Eine Gruppe Konservativer will mit einer neuen Partei namens "Bündnis Deutschland" antreten. Am vergangenen Wochenende hatten sich Mitglieder in Fulda zur Gründung versammelt, darunter frühere Mitglieder von CDU und Freien Wählern. Es soll auch Verbindungen zu gemäßigteren AfD-Politikern geben, die unzufrieden mit der eigenen Partei sind. Von der AfD selbst distanzieren sich die Gründer aber ausdrücklich.
Machtkampf verloren
In dem anhaltenden Macht- und Richtungsstreit innerhalb der AfD in Bund und Land hatte Anfang des Jahres der damalige AfD-Bundesvorsitzende Jörg Meuthen seinen Austritt erklärt. Der Europaabgeordnete schloss sich der bislang weitgehend unbedeutenden konservativen Zentrumspartei an. Sie hat auch in Hessen einen Landesverband.
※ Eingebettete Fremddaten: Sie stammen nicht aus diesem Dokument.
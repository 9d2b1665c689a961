-- ===== src/Server/History.antt =====
-- What the history of a request in the database tells.
use workflow_automation_plat.Common.{◌≡◌, ◌⊎◌, refl, subst, List, [], ◌∷◌, All-IsIn, IsIn}
use workflow_automation_plat.Lifecycle.{RequestStatus, created, approved, rejected, completed}
use workflow_automation_plat.Lifecycle.Runs.{IsRun, IsRun-decided}
use workflow_automation_plat.Engine.Conditions.{Python}
use workflow_automation_plat.Engine.Process.{StateHistory}
use workflow_automation_plat.Engine.Progress.{IsTrail}
use workflow_automation_plat.Server.Store.{RequestRow, Db}
use workflow_automation_plat.Server.Kept.{IsKept}
use workflow_automation_plat.Server.Invariant.{Reaches, Reaches-AllKept}

-- The statuses that a request has gone through after CREATED.
abbrev pub statuses : List StateHistory → List RequestStatus
statuses [] = []
statuses (h ∷ hs) = h.to_status ∷ statuses hs

statuses-IsRun :
    (a b : RequestStatus) (hs : List StateHistory) → IsTrail a hs b → IsRun a (statuses hs) b
statuses-IsRun a b [] e = e
statuses-IsRun a b (h ∷ hs) (e, v, t) = (v, statuses-IsRun h.to_status b hs t)

-- In every state that the database reaches, the history of a completed request says that it was
-- approved or that it was rejected before.
pub Reaches-decided :
    (py : Python) {db : Db} (r : RequestRow)
    → Reaches py db
    → IsIn r db.requests
    → r.state.status ≡ completed
    → IsIn approved (statuses r.state.history) ⊎ IsIn rejected (statuses r.state.history)
Reaches-decided py {db} r h i e =
    let kept =
      All-IsIn (λ (q : RequestRow). IsKept q.state) db.requests r (Reaches-AllKept py h) i in
    let trail = statuses-IsRun created r.state.status r.state.history kept.0.0 in
    IsRun-decided created (statuses r.state.history) refl
      (subst (IsRun created (statuses r.state.history)) e trail)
Cotar galt als Unterstützerin Meuthens. 2021 wollte sie mit Joachim Wundrak das Spitzenduo der AfD für die Bundestagswahl bilden. Damals setzten sich jedoch die derzeit amtierenden Bundesvorsitzenden Alice Weidel und Tino Chrupalla durch. Beim AfD-Bundesparteitag im Sommer dieses Jahres kandidierte die 49-Jährige dann nicht mehr für einen Platz im Bundesvorstand. Ihm hatte sie zuvor seit 2020 angehört.
Hessen-AfD fordert Mandatsrückgabe
Der AfD-Co-Landesvorsitzende Robert Lambrou hatte sich vor der Bundestagswahl öffentlich für Cotar eingesetzt und angekündigt, sie und Wundrak für die Spitzenkandidatur zu wählen. Von Cotars Austritt zeigte er sich am Montag auf Anfrage überrascht. Er habe allerdings wahrgenommen, dass sie sich in den vergangenen Monaten "aufgrund von verlorenen Machtkämpfen auf Bundesebene von der Partei menschlich entfremdet hat".
Lambrou forderte Cotar auf, ihr Bundestagsmandat zurückzugeben, wenn sie die Partei verlässt. Da sie in ihrer Erklärung behaupte, stets ihre Integrität bewahrt zu haben und finanziell unabhängig zu sein, wäre das nach Meinung des AfD-Landeschefs "nur konsequent".
Die Abgeordnete aus Langgöns ist nicht die erste, die der AfD und der Bundestagsfraktion den Rücken kehrt und ihr Mandat behält. Mit ihr hat die Fraktion bereits fünf Abgeordnete durch Austritte verloren. Zuletzt ging im September Robert Fahle aus Sachsen-Anhalt. Während Cotar die Russlandfreundlichkeit in der Partei nach dem Angriffskrieg zu groß ist, soll er unter anderem beklagt haben, die Haltung gegenüber Russland sei zu kritisch.